> _What to produce_
Among the entries that follow, find the lines containing the string "Online" and copy them.

═══ Working data ═══

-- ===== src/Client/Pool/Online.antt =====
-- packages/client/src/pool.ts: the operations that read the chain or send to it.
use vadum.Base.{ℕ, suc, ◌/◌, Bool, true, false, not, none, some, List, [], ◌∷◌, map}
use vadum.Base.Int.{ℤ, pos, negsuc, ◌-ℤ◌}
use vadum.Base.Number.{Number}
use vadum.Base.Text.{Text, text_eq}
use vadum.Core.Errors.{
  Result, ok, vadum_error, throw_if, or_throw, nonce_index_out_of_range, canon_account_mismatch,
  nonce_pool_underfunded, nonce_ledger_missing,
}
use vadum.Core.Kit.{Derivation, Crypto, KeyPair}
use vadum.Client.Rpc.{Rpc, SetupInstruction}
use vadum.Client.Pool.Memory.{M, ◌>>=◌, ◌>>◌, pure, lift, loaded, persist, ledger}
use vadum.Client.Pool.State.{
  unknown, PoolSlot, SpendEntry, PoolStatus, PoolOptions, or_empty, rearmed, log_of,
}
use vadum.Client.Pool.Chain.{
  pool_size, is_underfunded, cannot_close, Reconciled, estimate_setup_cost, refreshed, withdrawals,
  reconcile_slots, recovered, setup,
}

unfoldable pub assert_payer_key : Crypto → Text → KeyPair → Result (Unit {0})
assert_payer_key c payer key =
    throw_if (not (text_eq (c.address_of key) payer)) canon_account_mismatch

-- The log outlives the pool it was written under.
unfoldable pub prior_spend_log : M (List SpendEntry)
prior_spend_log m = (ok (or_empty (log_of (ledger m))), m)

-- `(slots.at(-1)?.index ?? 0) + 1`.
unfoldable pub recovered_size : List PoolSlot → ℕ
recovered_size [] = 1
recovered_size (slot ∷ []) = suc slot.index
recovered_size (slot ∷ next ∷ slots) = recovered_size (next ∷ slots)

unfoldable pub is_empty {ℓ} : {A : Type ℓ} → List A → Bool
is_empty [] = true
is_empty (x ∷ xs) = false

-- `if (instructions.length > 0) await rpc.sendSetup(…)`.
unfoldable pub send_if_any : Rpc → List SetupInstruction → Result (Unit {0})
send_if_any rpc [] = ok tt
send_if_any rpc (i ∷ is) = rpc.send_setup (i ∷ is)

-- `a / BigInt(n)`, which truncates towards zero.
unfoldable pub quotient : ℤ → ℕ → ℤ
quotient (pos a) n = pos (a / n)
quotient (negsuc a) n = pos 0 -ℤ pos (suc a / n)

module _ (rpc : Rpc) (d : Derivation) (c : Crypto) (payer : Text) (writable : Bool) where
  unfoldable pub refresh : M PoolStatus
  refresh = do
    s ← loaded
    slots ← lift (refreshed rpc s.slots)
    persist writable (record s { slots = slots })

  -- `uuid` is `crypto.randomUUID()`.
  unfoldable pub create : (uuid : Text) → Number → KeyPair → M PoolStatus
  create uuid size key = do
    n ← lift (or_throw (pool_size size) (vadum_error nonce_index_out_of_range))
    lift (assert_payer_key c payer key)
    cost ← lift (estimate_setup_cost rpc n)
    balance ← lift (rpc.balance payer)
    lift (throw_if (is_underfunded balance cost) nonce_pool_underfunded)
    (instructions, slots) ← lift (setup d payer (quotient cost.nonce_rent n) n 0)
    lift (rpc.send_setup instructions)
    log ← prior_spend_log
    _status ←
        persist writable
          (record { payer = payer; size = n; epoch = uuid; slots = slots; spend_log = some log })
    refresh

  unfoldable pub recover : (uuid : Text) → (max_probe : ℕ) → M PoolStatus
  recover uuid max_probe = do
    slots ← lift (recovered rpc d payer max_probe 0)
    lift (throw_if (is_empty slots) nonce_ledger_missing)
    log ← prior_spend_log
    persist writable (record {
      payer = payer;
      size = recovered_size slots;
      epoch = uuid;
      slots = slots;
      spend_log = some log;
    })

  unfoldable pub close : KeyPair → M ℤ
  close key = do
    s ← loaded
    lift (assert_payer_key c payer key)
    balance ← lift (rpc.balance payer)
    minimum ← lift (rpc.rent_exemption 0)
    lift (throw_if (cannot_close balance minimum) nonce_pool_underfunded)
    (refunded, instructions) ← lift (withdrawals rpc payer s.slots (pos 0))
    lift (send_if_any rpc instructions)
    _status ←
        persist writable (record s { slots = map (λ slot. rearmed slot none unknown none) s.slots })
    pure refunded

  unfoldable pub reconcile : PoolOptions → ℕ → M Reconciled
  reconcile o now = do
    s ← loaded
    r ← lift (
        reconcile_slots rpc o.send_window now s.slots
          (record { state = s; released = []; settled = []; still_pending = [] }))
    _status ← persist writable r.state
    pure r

═══
═══ Working data ═══

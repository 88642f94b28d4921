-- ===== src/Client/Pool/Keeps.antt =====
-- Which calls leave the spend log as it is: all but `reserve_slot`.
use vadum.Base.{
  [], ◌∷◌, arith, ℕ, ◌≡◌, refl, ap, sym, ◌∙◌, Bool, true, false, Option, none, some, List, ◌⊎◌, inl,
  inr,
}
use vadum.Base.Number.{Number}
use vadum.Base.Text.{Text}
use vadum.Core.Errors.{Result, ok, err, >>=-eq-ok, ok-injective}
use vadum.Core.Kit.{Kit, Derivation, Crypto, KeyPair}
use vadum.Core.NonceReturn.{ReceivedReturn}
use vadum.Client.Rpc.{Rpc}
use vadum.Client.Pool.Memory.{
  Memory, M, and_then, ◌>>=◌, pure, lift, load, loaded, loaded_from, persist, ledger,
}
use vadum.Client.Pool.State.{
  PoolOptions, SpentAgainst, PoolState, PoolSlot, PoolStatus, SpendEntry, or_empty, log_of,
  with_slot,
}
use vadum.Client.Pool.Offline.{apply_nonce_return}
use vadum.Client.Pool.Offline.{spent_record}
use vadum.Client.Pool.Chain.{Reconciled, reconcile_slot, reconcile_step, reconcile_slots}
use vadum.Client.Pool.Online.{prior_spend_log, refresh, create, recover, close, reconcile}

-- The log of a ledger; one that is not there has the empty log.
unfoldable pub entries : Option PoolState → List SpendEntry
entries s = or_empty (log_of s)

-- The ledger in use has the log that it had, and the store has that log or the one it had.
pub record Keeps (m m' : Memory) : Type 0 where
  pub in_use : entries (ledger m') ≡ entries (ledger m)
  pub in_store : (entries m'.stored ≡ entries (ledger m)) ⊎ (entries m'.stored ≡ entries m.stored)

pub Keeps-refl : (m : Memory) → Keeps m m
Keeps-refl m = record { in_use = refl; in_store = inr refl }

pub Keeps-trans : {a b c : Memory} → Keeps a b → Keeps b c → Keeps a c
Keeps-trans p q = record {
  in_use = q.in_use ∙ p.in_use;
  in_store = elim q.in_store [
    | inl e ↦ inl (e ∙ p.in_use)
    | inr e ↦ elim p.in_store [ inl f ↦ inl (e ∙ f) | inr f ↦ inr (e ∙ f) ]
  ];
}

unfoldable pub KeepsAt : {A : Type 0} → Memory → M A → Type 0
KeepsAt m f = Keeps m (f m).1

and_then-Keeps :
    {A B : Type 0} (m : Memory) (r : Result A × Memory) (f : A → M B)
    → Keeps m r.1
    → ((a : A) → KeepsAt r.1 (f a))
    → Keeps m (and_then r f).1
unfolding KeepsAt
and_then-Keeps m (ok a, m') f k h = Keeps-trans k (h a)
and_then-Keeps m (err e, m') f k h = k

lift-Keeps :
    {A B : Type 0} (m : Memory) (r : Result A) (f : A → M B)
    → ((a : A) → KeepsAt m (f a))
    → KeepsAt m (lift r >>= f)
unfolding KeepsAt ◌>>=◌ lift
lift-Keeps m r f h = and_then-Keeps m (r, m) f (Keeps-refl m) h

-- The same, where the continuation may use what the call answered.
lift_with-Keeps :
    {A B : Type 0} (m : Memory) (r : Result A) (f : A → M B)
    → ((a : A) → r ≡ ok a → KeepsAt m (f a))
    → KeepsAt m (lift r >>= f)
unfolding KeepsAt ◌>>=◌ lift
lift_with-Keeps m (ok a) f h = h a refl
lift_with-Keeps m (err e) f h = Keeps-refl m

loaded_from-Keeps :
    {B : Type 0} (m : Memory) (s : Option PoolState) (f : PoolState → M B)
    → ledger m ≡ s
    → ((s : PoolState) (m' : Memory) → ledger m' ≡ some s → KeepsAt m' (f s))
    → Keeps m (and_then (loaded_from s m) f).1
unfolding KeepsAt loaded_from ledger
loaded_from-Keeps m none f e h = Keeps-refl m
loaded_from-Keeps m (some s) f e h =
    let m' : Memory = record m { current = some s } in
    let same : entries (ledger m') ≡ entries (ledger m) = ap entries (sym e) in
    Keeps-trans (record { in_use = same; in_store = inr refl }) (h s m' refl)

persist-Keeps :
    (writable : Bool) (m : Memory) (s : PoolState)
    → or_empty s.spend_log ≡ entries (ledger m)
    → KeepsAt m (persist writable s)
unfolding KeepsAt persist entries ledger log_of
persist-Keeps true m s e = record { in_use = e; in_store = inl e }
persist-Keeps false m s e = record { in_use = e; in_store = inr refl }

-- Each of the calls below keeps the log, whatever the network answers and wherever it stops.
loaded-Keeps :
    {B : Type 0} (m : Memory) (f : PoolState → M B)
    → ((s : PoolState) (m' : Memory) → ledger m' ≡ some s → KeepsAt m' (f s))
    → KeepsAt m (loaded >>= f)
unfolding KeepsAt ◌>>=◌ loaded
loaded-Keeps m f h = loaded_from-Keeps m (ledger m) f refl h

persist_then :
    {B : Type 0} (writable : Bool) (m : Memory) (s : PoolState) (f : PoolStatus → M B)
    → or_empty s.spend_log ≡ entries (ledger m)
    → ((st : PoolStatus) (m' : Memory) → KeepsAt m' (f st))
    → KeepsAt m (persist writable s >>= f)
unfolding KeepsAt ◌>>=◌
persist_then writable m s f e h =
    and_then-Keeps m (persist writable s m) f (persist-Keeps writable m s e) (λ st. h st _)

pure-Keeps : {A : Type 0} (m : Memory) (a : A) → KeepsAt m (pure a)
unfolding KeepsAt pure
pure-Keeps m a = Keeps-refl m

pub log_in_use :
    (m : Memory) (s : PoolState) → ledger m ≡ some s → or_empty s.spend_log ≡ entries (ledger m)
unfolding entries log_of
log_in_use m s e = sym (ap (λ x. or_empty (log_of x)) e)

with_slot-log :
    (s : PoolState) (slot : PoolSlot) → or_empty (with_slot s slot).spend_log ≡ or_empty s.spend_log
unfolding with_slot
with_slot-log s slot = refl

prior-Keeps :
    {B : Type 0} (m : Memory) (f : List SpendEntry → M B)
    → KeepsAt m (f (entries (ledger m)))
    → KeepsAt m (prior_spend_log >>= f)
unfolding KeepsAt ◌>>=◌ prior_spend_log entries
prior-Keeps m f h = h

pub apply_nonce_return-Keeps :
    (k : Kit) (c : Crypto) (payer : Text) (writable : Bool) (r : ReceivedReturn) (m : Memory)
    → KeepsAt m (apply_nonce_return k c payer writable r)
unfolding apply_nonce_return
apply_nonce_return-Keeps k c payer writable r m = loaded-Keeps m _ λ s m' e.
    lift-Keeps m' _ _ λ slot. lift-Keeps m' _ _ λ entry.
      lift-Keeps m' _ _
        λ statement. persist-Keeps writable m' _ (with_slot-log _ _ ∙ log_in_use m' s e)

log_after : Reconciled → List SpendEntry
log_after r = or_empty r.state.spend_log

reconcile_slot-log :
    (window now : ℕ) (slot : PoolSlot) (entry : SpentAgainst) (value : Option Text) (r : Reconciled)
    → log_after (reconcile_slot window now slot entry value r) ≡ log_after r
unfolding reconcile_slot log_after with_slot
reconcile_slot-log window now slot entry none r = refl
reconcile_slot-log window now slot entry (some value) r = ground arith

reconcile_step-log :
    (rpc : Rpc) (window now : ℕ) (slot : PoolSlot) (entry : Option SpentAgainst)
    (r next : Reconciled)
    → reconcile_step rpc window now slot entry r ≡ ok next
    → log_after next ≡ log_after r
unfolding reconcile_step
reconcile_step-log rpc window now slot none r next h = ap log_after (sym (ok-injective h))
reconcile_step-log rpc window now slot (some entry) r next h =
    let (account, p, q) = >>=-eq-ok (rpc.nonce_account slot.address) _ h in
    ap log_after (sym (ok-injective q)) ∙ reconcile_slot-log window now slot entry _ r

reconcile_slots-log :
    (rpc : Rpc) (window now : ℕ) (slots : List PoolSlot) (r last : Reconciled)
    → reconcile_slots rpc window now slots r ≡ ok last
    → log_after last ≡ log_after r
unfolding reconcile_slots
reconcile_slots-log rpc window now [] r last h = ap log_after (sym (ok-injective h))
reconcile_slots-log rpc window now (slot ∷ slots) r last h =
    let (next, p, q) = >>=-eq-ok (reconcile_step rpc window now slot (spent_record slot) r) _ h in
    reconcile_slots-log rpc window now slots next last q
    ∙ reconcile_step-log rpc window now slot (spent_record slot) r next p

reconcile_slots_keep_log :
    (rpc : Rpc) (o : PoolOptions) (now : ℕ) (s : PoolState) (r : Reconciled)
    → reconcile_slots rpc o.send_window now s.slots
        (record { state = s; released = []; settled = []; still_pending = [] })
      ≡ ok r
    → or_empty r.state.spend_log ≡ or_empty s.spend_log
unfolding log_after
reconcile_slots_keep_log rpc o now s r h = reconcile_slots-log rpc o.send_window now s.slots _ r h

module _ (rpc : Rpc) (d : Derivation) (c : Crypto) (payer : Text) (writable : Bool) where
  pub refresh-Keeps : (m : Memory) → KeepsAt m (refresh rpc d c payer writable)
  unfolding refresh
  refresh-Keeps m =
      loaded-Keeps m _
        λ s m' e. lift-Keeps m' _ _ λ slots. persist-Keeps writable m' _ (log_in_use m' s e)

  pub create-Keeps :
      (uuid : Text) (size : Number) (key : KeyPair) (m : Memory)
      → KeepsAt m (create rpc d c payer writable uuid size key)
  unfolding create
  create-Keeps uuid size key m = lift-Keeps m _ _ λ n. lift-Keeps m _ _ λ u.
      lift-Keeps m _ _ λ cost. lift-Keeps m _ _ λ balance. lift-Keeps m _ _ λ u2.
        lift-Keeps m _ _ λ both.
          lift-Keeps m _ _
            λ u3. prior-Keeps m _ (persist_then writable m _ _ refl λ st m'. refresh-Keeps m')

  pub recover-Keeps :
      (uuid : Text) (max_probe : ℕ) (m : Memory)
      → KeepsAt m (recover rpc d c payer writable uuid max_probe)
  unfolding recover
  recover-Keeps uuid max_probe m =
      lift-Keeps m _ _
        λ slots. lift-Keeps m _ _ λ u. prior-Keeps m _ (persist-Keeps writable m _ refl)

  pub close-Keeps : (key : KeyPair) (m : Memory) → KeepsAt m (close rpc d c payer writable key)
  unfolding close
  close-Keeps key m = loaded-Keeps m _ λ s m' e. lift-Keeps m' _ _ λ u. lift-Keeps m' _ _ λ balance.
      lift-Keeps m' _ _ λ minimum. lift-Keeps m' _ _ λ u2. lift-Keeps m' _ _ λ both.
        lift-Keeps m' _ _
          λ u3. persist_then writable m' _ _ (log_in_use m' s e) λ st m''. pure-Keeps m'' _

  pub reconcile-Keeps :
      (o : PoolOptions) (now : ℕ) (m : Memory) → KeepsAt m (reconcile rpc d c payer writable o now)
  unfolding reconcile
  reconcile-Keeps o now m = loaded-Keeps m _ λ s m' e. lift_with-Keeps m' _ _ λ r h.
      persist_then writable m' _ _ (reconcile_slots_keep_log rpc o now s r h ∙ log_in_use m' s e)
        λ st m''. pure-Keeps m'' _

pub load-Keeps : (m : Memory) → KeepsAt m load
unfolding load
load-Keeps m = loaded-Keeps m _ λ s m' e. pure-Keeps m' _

═══

> _Output_
-- ===== src/Client/Pool/Online.antt =====
use vadum.Client.Pool.Online.{prior_spend_log, refresh, create, recover, close, reconcile}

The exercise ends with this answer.